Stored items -

◆ ◆ ◆ ◆ ◆

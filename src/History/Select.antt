-- ===== src/History/Select.antt =====
-- What is kept of a conversation.
use mathlib.Core.List.{foldl, flatten, append-nil, append_assoc}
use liviq.Base.{
  ℕ, ◌+◌, ◌≤◌, ◌≡◌, refl, sym, subst, ap, ◌∙◌, Bool, true, false, ◌||◌, not, List, [], ◌∷◌, ◌++◌,
  arith, if◌then◌else◌, ltb, ◌==◌, length, filter, take, leb, is_empty, any, Text, codes, text_eq,
  strip, Bool-cases, inl, inr, length-take, length-append, length-map,
}
use liviq.Base.Sort.{sorted}
use liviq.History.{
  Message, Turn, add_to_last, add_message, group_turns, pick_turns, chosen_indices, relevant_turns,
  select_relevant_messages, scored_from, ranks_above, history_inject_turns, bigrams, Ratio,
}

flatten-append : (ts us : List Turn) → flatten (ts ++ us) ≡ flatten ts ++ flatten us
unfolding flatten
flatten-append [] us = refl
flatten-append (t ∷ ts) us =
    ap (λ (ms : List Message). t ++ ms) (flatten-append ts us)
    ∙ sym (append_assoc t (flatten ts) (flatten us))

flatten-add_to_last :
    (t : Turn) (ts : List Turn) (m : Message)
    → flatten (add_to_last (t ∷ ts) m) ≡ flatten (t ∷ ts) ++ m ∷ []
unfolding add_to_last flatten
flatten-add_to_last t [] m = simp (append-nil)
flatten-add_to_last t (u ∷ ts) m =
    ap (λ (ms : List Message). t ++ ms) (flatten-add_to_last u ts m)
    ∙ sym (append_assoc t (flatten (u ∷ ts)) (m ∷ []))

module _ (is_space : ℕ → Bool) where
  -- A message with a text that is not blank.
  abbrev pub has_text : Message → Bool
  has_text (role, content) = not (is_empty (strip is_space content))

  flatten-add_message :
      (turns : List Turn) (m : Message)
      → flatten (add_message is_space turns m)
        ≡ flatten turns ++ (if has_text m then m ∷ [] else [])
  unfolding add_message flatten
  flatten-add_message turns (role, content) =
      elim (Bool-cases (is_empty (strip is_space content))) [
        | inl blank ↦ rw blank (sym (append-nil (flatten turns)))
        | inr full ↦ rw full (grown turns)
      ]
    where
      grown :
          (ts : List Turn)
          → flatten (
              if text_eq role (codes "user") || is_empty ts
              then ts ++ ((role, content) ∷ []) ∷ []
              else add_to_last ts (role, content))
            ≡ flatten ts ++ (role, content) ∷ []
      grown [] = elim (Bool-cases (text_eq role (codes "user"))) [ inl u ↦ rw u | inr u ↦ rw u ]
      grown (t ∷ ts) = elim (Bool-cases (text_eq role (codes "user"))) [
        | inl u ↦ rw u (flatten-append (t ∷ ts) (((role, content) ∷ []) ∷ []))
        | inr u ↦ rw u (flatten-add_to_last t ts (role, content))
      ]

  flatten-foldl :
      (turns : List Turn) (ms : List Message)
      → flatten (foldl (add_message is_space) turns ms) ≡ flatten turns ++ filter has_text ms
  flatten-foldl turns [] = sym (append-nil (flatten turns))
  flatten-foldl turns (m ∷ ms) =
      flatten-foldl (add_message is_space turns m) ms
      ∙ ap (λ (l : List Message). l ++ filter has_text ms) (flatten-add_message turns m)
      ∙ append_assoc (flatten turns) (if has_text m then m ∷ [] else []) (filter has_text ms)
      ∙ ap (λ (l : List Message). flatten turns ++ l) (split m ms)
    where
      split :
          (m : Message) (ms : List Message)
          → (if has_text m then m ∷ [] else []) ++ filter has_text ms ≡ filter has_text (m ∷ ms)
      split m ms = elim (Bool-cases (has_text m)) [ inl h ↦ rw h | inr h ↦ rw h ]

  -- Grouping into turns loses no message and keeps the order: the turns in a row are the messages
  -- that have a text.
  pub flatten-group_turns :
      (ms : List Message) → flatten (group_turns is_space ms) ≡ filter has_text ms
  unfolding group_turns flatten
  flatten-group_turns ms = flatten-foldl [] ms

count_from :
    (i : ℕ) (c : List ℕ)
    → length (filter (λ j. leb (i + 1) j) c) + (if any (λ j. i == j) c then 1 else 0)
      ≤ length (filter (λ j. leb i j) c)
count_from i [] = omega arith
count_from i (j ∷ c) = ground (arith, count_from i c)

length-pick_turns :
    (i : ℕ) (c : List ℕ) (ts : List Turn)
    → length (pick_turns i c ts) ≤ length (filter (λ j. leb i j) c)
unfolding pick_turns
length-pick_turns i c [] = omega arith
length-pick_turns i c (t ∷ ts) = ground (arith, length-pick_turns (i + 1) c ts, count_from i c)

length-filter-le {ℓ} : {A : Type ℓ} (p : A → Bool) (xs : List A) → length (filter p xs) ≤ length xs
length-filter-le p [] = omega arith
length-filter-le p (x ∷ xs) = ground (arith, length-filter-le p xs)

pick_turns-last :
    (i : ℕ) (c : List ℕ) (ts : List Turn) (t : Turn)
    → any (λ j. i + length ts == j) c ≡ true
    → pick_turns i c (ts ++ t ∷ []) ≡ pick_turns i c ts ++ t ∷ []
unfolding pick_turns
pick_turns-last i c [] t h =
    let here : any (λ j. i == j) c ≡ true =
      subst (λ (k : ℕ). any (λ j. k == j) c ≡ true) (omega arith) h in
    rw here
pick_turns-last i c (u ∷ ts) t h =
    let later : any (λ j. i + 1 + length ts == j) c ≡ true =
      subst (λ (k : ℕ). any (λ j. k == j) c ≡ true) (omega arith) h in
    let first = (if any (λ j. i == j) c then u ∷ [] else []) in
    ap (λ (l : List Turn). first ++ l) (pick_turns-last (i + 1) c ts t later)
    ∙ sym (append_assoc first (pick_turns (i + 1) c ts) (t ∷ []))

is_empty-snoc : (ts : List Turn) (t : Turn) → is_empty (ts ++ t ∷ []) ≡ false
is_empty-snoc [] t = refl
is_empty-snoc (u ∷ ts) t = refl

module _ (is_space is_word : ℕ → Bool) (question : Text) (messages : List Message) where
  abbrev pub indices : List ℕ
  indices = chosen_indices is_word (bigrams is_word question) (group_turns is_space messages)

  length-indices : length indices ≤ history_inject_turns
  unfolding chosen_indices
  length-indices =
      let turns = group_turns is_space messages in
      let order = sorted ranks_above (scored_from is_word (bigrams is_word question) 0 turns) in
      let best = take 2 order in
      omega (
        arith,
        length-map (λ (e : Ratio × ℕ). e.1) (filter (λ e. ltb 0 e.0.0) best),
        length-filter-le (λ (e : Ratio × ℕ). ltb 0 e.0.0) best,
        length-take 2 order,
      )

  relevant_turns-le :
      length (relevant_turns is_space is_word question messages) ≤ history_inject_turns
  unfolding relevant_turns
  relevant_turns-le =
      let turns = group_turns is_space messages in
      ground (
        arith,
        length-pick_turns 0 indices turns,
        length-filter-le (λ (j : ℕ). leb 0 j) indices,
        length-indices,
      )

  last_index :
      (ts : List Turn) (t : Turn)
      → group_turns is_space messages ≡ ts ++ t ∷ []
      → any (λ j. 0 + length ts == j) indices ≡ true
  unfolding chosen_indices
  last_index ts t e = ground (arith, ap (λ (l : List Turn). length l) e, length-append ts (t ∷ []))

  -- Of a conversation whose last turn is `t`, at most two earlier turns are kept, and `t` is kept
  -- behind them, however unlike the question it is.
  pub select_keeps_last :
      (ts : List Turn) (t : Turn)
      → group_turns is_space messages ≡ ts ++ t ∷ []
      → let earlier = pick_turns 0 indices ts in
        (length earlier ≤ 2)
        × (select_relevant_messages is_space is_word question messages ≡ flatten earlier ++ t)
  unfolding select_relevant_messages relevant_turns flatten
  select_keeps_last ts t e =
      let earlier = pick_turns 0 indices ts in
      let all_turns : relevant_turns is_space is_word question messages ≡ earlier ++ t ∷ [] =
        ground (arith, is_empty-snoc ts t, pick_turns-last 0 indices ts t (last_index ts t e), e) in
      (
        omega (
          arith,
          relevant_turns-le,
          ap (λ (l : List Turn). length l) all_turns,
          length-append earlier (t ∷ []),
        ),
        ap (λ (l : List Turn). flatten l) all_turns
            ∙ flatten-append earlier (t ∷ [])
            ∙ ap (λ (l : List Message). flatten earlier ++ l) (append-nil t),
      )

◆ ◆ ◆ ◆ ◆

From the records above, give again exactly the lines running from the line with "then ts ++ ((role, content)" to the line with "(m : Message) (ms : List Message)", inclusive.

EXERCISE SOLUTION -
              then ts ++ ((role, content) ∷ []) ∷ []
              else add_to_last ts (role, content))
            ≡ flatten ts ++ (role, content) ∷ []
      grown [] = elim (Bool-cases (text_eq role (codes "user"))) [ inl u ↦ rw u | inr u ↦ rw u ]
      grown (t ∷ ts) = elim (Bool-cases (text_eq role (codes "user"))) [
        | inl u ↦ rw u (flatten-append (t ∷ ts) (((role, content) ∷ []) ∷ []))
        | inr u ↦ rw u (flatten-add_to_last t ts (role, content))
      ]

  flatten-foldl :
      (turns : List Turn) (ms : List Message)
      → flatten (foldl (add_message is_space) turns ms) ≡ flatten turns ++ filter has_text ms
  flatten-foldl turns [] = sym (append-nil (flatten turns))
  flatten-foldl turns (m ∷ ms) =
      flatten-foldl (add_message is_space turns m) ms
      ∙ ap (λ (l : List Message). l ++ filter has_text ms) (flatten-add_message turns m)
      ∙ append_assoc (flatten turns) (if has_text m then m ∷ [] else []) (filter has_text ms)
      ∙ ap (λ (l : List Message). flatten turns ++ l) (split m ms)
    where
      split :
          (m : Message) (ms : List Message)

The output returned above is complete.